STL Premier
- Sport: Sepak takraw
- Founded: 15 June 2016; 10 years ago
- No. of teams: 12 (2025)
- Country: Malaysia
- Most recent champion: Kuala Lumpur Thunder (2nd title) (2024)
- Most titles: Penang Black Panthers (3 titles)
- Level on pyramid: 1
- Relegation to: STL Division 1
- 2025 STL Premier

= STL Premier =

Malaysian professional sports league

The STL Premier or Sepak Takraw League Premier, is the top level of the Sepak Takraw League, the Malaysian men's professional league for sepak takraw, a sport native to Southeast Asia. Contested by 10 clubs, it operates on a system of promotion and relegation with the Sepak Takraw League. Originally founded in 2014 as a single league season, the league system underwent another major revamp by introducing a promotion and relegation system after 2015 season. The new format was well-received, with the viewership of STL hitting a new record of 5.6 million viewers in the 2016 season, improving from 4.8 million viewers a year earlier. All competitions under the league use the official International Sepaktakraw Federation (ISTAF) rules and regulation.

== History ==

=== Origins ===
Malaysian sepak takraw was on the decline due to a talent pool shortage in the 2010s, with only 29 players available for national team selection at one point. A professional sepak takraw league was mooted in 2013 after Astro and UFA Sports Asia launched Singapore-based Asia Sports Ventures to undertake the development and global commercialisation of sepak takraw. Numerous discussions were held involving stakeholders to form a league similar to the Takraw Thailand League (TTL), which has been running since 2002. STL was officially launched by then Malaysian Minister of Youth and Sports Khairy Jamaluddin and STAM president Ahmad Ismail in Putrajaya on 7 November 2014.

=== Foundation year ===
In its first season, 128 teams from seven zones in Peninsular Malaysia such as Perak participated in preliminary rounds to qualify for the main competition. The best 16 teams were drawn into four groups, with the top two teams of each group progressing to the knockout stage. Hanelang A were the inaugural STL champions after beating PDRM D in the Grand Final on 18 January 2015 and took home a grand prize of RM20,000.

=== Professional era ===
The competition immediately entered its professional era the following season as teams were consolidated and narrowed down to eight teams. After the 2015 season, in which ATM became its first professional-era champions, it underwent another major revamp by introducing a promotion and relegation system. The new format was well-received, with the viewership of STL hitting a new record of 5.6 million viewers in the 2016 season, improving from 4.8 million viewers a year earlier. STL Champions Cup was created the following year to promote the league outside Malaysia.

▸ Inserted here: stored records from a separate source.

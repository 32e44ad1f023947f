-- ===== src/FastCdc/Session.antt =====
-- The frames of a stream, however its bytes arrive.
use native_link.Base.{concat, ℕ, suc, List, ◌++◌, ◌≡◌, sym, ◌∙◌, ap, subst, arith, length}
use native_link.FastCdc.{FastCdc}
use native_link.FastCdc.Frames.{Sized}
use native_link.FastCdc.Chunks.{chunks, Bounded, concat-chunks, chunks-Bounded}
use native_link.FastCdc.Arrivals.{Session, Session-Splits, Splits-chunks}
use native_link.FastCdc.Ending.{Tail, Tail-chunks, Tail_exists}

module _ (c : FastCdc) (s : Sized c) where
  -- When the smallest size is positive and below the largest, after any stream finitely many calls
  -- of decode_eof bring the one that gives no frame.
  pub Session-Tail :
      {fed buf : List ℕ} {fs : List (List ℕ)} {d : FastCdc}
      → Session c fed fs d buf
      → (ts : List (List ℕ)) × Tail d buf ts
  Session-Tail {fed} {buf} session =
      let (h, p, e, r, sp) = Session-Splits c s session in
      subst (λ x. (ts : List (List ℕ)) × Tail x buf ts) (sym e)
        (Tail_exists c s (suc (length buf)) h p buf r (omega arith))

  module _ {fed buf : List ℕ} {fs ts : List (List ℕ)} {d : FastCdc}
      (session : Session c fed fs d buf) (tail : Tail d buf ts) where
    -- When the smallest size is positive and below the largest, the frames that decode gives while
    -- bytes arrive in any pieces, with any calls between them, and then those of decode_eof, are
    -- those that one pass over the whole text gives.
    pub Session-chunks : fs ++ ts ≡ chunks (suc (length fed)) c fed
    Session-chunks =
        let (h, p, e, r, sp) = Session-Splits c s session in
        ap (λ gs. fs ++ gs) (Tail-chunks c s tail h p e r (suc (length buf)) (omega arith))
        ∙ sym (
            Splits-chunks c s fs fed buf (suc (length fed)) (suc (length buf)) sp (omega arith)
              (omega arith))

    -- When the smallest size is positive and below the largest, the frames of a stream, in order,
    -- are together the bytes that arrived: none is lost, repeated or moved.
    pub Session-concat : concat (fs ++ ts) ≡ fed
    Session-concat =
        ap concat Session-chunks ∙ concat-chunks c s (suc (length fed)) fed (omega arith)

    -- When the smallest size is positive and below the largest, each frame of a stream but the
    -- last has at least the smallest size, the last is not empty, and none exceeds the largest
    -- size.
    pub Session-Bounded : Bounded c (fs ++ ts)
    Session-Bounded =
        subst (Bounded c) (sym Session-chunks) (chunks-Bounded c s (suc (length fed)) fed)
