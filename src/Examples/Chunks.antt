-- ===== src/Examples/Chunks.antt =====
-- The chunker on nine bytes that arrive in two pieces.
use native_link.Base.{ℕ, suc, List, [], ◌∷◌, ◌++◌, ◌≡◌, refl, arith, length, concat}
use native_link.FastCdc.{FastCdc, Decoded, decode}
use native_link.FastCdc.Frames.{Sized}
use native_link.FastCdc.Chunks.{chunks, Bounded}
use native_link.FastCdc.Arrivals.{Session, opened, arrives, decodes, frames_of}
use native_link.FastCdc.Ending.{Tail}
use native_link.FastCdc.Session.{Session-chunks, Session-concat, Session-Bounded, Session-Tail}

abbrev small_chunker : FastCdc
small_chunker = record {
  min_size = 2;
  avg_size = 3;
  max_size = 4;
  norm_size = 3;
  mask_easy = 1;
  mask_hard = 3;
  hash = 0;
  position = 0;
}

small_chunker-Sized : Sized small_chunker
small_chunker-Sized = record { positive = omega arith; ordered = omega arith }

abbrev first_piece : List ℕ
first_piece = 10 ∷ 20 ∷ 30 ∷ 40 ∷ []

abbrev second_piece : List ℕ
second_piece = 50 ∷ 60 ∷ 70 ∷ 80 ∷ 90 ∷ []

abbrev nine_bytes : List ℕ
nine_bytes = first_piece ++ second_piece

abbrev first_call : Decoded
first_call = decode small_chunker first_piece

abbrev second_call : Decoded
second_call = decode first_call.state (first_call.buf ++ second_piece)

abbrev first_frames : List (List ℕ)
first_frames = frames_of first_call.frame ++ frames_of second_call.frame

nine_bytes-Session : Session small_chunker nine_bytes first_frames second_call.state second_call.buf
nine_bytes-Session =
    decodes second_call
      (arrives second_piece (decodes first_call (arrives first_piece opened) refl)) refl

Session-Tail_example : (ts : List (List ℕ)) × Tail second_call.state second_call.buf ts
Session-Tail_example = Session-Tail small_chunker small_chunker-Sized nine_bytes-Session

abbrev last_frames : List (List ℕ)
last_frames = (Session-Tail small_chunker small_chunker-Sized nine_bytes-Session).0

nine_bytes-Tail : Tail second_call.state second_call.buf last_frames
nine_bytes-Tail = (Session-Tail small_chunker small_chunker-Sized nine_bytes-Session).1

Session-chunks_example :
    first_frames ++ last_frames ≡ chunks (suc (length nine_bytes)) small_chunker nine_bytes
Session-chunks_example =
    Session-chunks small_chunker small_chunker-Sized nine_bytes-Session nine_bytes-Tail

Session-concat_example : concat (first_frames ++ last_frames) ≡ nine_bytes
Session-concat_example =
    Session-concat small_chunker small_chunker-Sized nine_bytes-Session nine_bytes-Tail

Session-Bounded_example : Bounded small_chunker (first_frames ++ last_frames)
Session-Bounded_example =
    Session-Bounded small_chunker small_chunker-Sized nine_bytes-Session nine_bytes-Tail
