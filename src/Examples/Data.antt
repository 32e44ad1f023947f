-- ===== src/Examples/Data.antt =====
-- Values that the examples share: an action, a worker, a channel, a state manager.
use native_link.Base.{ℕ, ◌+◌, false, some, List, [], ◌∷◌, pos, ok}
use native_link.Base.Lru.{LruCache}
use native_link.Base.Lru.ListCache.{list_cache}
use native_link.ActionMessages.{
  WorkerId, OperationId, uuid, DigestInfo, sha256, ActionUniqueKey, cachable, ActionInfo,
}
use native_link.PlatformProperties.{minimum, Properties}
use native_link.Worker.{ActionInfoWithProps, Channel, Worker}
use native_link.ApiWorkerScheduler.{WorkerStateManager}
use native.Mathlib.Decide.{ℕ_discrete}

abbrev pub digest : DigestInfo
digest = record { packed_hash = 12345; size_bytes = 142 }

abbrev pub unique_key : ActionUniqueKey
unique_key = record { instance_name = "main"; digest_function = sha256; digest = digest }

abbrev pub info : ActionInfo
info = record {
  command_digest = digest;
  input_root_digest = digest;
  timeout = 60;
  platform_properties = ("cpu", "3") ∷ [];
  priority = pos 5;
  load_timestamp = 0;
  insert_timestamp = 7000000000;
  unique_qualifier = cachable unique_key;
}

abbrev pub build : ActionInfoWithProps
build = record { inner = info; platform_properties = ("cpu", minimum 3) ∷ [] }

abbrev pub machine : Properties
machine = ("cpu", minimum 4) ∷ []

abbrev pub registered : WorkerId → Properties
registered k = machine

abbrev pub idle_worker : Worker ℕ
idle_worker = record {
  id = 1;
  platform_properties = machine;
  tx = 0;
  running_action_infos = [];
  last_update_timestamp = 10;
  is_paused = false;
  is_draining = false;
}

abbrev pub busy_worker : Worker ℕ
busy_worker = record {
  id = 1;
  platform_properties = ("cpu", minimum 1) ∷ [];
  tx = 1;
  running_action_infos = (uuid 7, build) ∷ [];
  last_update_timestamp = 10;
  is_paused = false;
  is_draining = false;
}

-- A channel that counts its messages, and a manager that keeps a log.
abbrev pub open_channel : Channel
open_channel = record { Tx = ℕ; send = λ n u. some (n + 1) }

abbrev pub log_manager : WorkerStateManager
log_manager = record { S = List OperationId; update_operation = λ s o k u. (o ∷ s, ok tt) }

abbrev pub worker_cache : LruCache WorkerId (Worker ℕ) ℕ_discrete
worker_cache = list_cache WorkerId (Worker ℕ) ℕ_discrete
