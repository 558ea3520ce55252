-- ===== src/Store/Sizes.antt =====
-- The bytes of a list of events, in all and for one thread, and what removing one does to them.
use codex_warden.Prelude.{
  ℕ, zero, suc, ◌+◌, ◌≤◌, ◌≡◌, subst, ◌⊎◌, inl, inr, String, Option, none, some, List, [], ◌∷◌,
  ◌++◌, In, option_eq, string_eq, if◌then◌else◌, length, arith, Option-cases,
}
use codex_warden.Protocol.Event.{SequencedEvent}
use codex_warden.Store.State.{remove_elem, encoded_len}

module _ {A : Type 0} where
  -- What `remove_elem` leaves in place, and what it takes out.
  pub length-remove_elem :
      (n : ℕ) (xs : List A) {y : A} {rest : List A}
      → remove_elem n xs ≡ some (y, rest)
      → length xs ≡ suc (length rest)
  unfolding remove_elem
  length-remove_elem n [] h = ground arith
  length-remove_elem zero (x ∷ xs) h = ground arith
  length-remove_elem (suc n) (x ∷ xs) h = elim (Option-cases (remove_elem n xs)) [
    | inl e ↦ ground arith
    | inr ((z, r), e) ↦ ground (arith, length-remove_elem n xs e)
  ]

  -- A position inside the list is there to be taken out.
  pub remove_elem-none : (n : ℕ) (xs : List A) → remove_elem n xs ≡ none → length xs ≤ n
  unfolding remove_elem
  remove_elem-none n [] h = omega arith
  remove_elem-none zero (x ∷ xs) h = absurd (ground arith)
  remove_elem-none (suc n) (x ∷ xs) h = elim (Option-cases (remove_elem n xs)) [
    | inl e ↦ omega (arith, remove_elem-none n xs e)
    | inr ((z, r), e) ↦ absurd (ground arith)
  ]

  pub In-remove_elem :
      (n : ℕ) (xs : List A) {y : A} {rest : List A} (a : A)
      → remove_elem n xs ≡ some (y, rest)
      → In a xs
      → (a ≡ y) ⊎ In a rest
  unfolding remove_elem
  In-remove_elem n [] a h i = absurd i
  In-remove_elem zero (x ∷ xs) {y} {rest} a h i =
      subst (λ l. (a ≡ y) ⊎ In a l) (ground arith)
        (elim i [ inl e ↦ inl (ground arith) | inr j ↦ inr j ])
  In-remove_elem (suc n) (x ∷ xs) {y} {rest} a h i = elim (Option-cases (remove_elem n xs)) [
    | inl e ↦ absurd (ground arith)
    | inr ((z, r), e) ↦
        subst (λ l. (a ≡ y) ⊎ In a l) (let p : x ∷ r ≡ rest = ground arith in p)
          (elim i [
            | inl p ↦ inr (inl p)
            | inr j ↦ elim (In-remove_elem n xs a e j) [
              | inl q ↦ inl (ground arith)
              | inr k ↦ inr (inr k)
            ]
          ])
  ]

module _ {V : Type 0} (to_vec_len : SequencedEvent V → Option ℕ) where
  unfoldable pub total : List (SequencedEvent V) → ℕ
  total [] = 0
  total (e ∷ es) = encoded_len to_vec_len e + total es

  unfoldable pub total_of : String → List (SequencedEvent V) → ℕ
  total_of t [] = 0
  total_of t (e ∷ es) =
      (if option_eq.beq e.thread_id (some t) then encoded_len to_vec_len e else 0) + total_of t es

  pub total_of-le : (t : String) (es : List (SequencedEvent V)) → total_of t es ≤ total es
  unfolding total total_of
  total_of-le t [] = omega arith
  total_of-le t (e ∷ es) = ground (arith, total_of-le t es)

  pub total-append : (xs ys : List (SequencedEvent V)) → total (xs ++ ys) ≡ total xs + total ys
  unfolding total
  total-append [] ys = omega arith
  total-append (x ∷ xs) ys = omega (arith, total-append xs ys)

  pub total_of-append :
      (t : String) (xs ys : List (SequencedEvent V))
      → total_of t (xs ++ ys) ≡ total_of t xs + total_of t ys
  unfolding total_of
  total_of-append t [] ys = omega arith
  total_of-append t (x ∷ xs) ys = omega (arith, total_of-append t xs ys)

  pub total-remove_elem :
      (n : ℕ) (xs : List (SequencedEvent V)) {y : SequencedEvent V} {rest : List (SequencedEvent V)}
      → remove_elem n xs ≡ some (y, rest)
      → total xs ≡ encoded_len to_vec_len y + total rest
  unfolding remove_elem total
  total-remove_elem n [] h = ground arith
  total-remove_elem zero (x ∷ xs) h = ground arith
  total-remove_elem (suc n) (x ∷ xs) h = elim (Option-cases (remove_elem n xs)) [
    | inl e ↦ ground arith
    | inr ((z, r), e) ↦ ground (arith, total-remove_elem n xs e)
  ]

  pub total_of-remove_elem :
      (t : String) (n : ℕ) (xs : List (SequencedEvent V)) {y : SequencedEvent V}
      {rest : List (SequencedEvent V)}
      → remove_elem n xs ≡ some (y, rest)
      → total_of t xs ≡ total_of t (y ∷ rest)
  unfolding remove_elem total_of
  total_of-remove_elem t n [] h = ground arith
  total_of-remove_elem t zero (x ∷ xs) h = ground arith
  total_of-remove_elem t (suc n) (x ∷ xs) h = elim (Option-cases (remove_elem n xs)) [
    | inl e ↦ ground arith
    | inr ((z, r), e) ↦ ground (arith, total_of-remove_elem t n xs e)
  ]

In 2018, STL played a huge role in helping Malaysia win a gold medal in sepak takraw at the Asian Games for the first time in 24 years, as the five players involved were from the league: Farhan Adam, Zulkifli Abdul Razak, Syahir Rosdi, Azlan Alias and Norhafizi Abdul Razak.

In 2019, the league was officially broadcast outside of Malaysia for the first time when Indonesian broadcaster TVRI covered STL Champions Cup.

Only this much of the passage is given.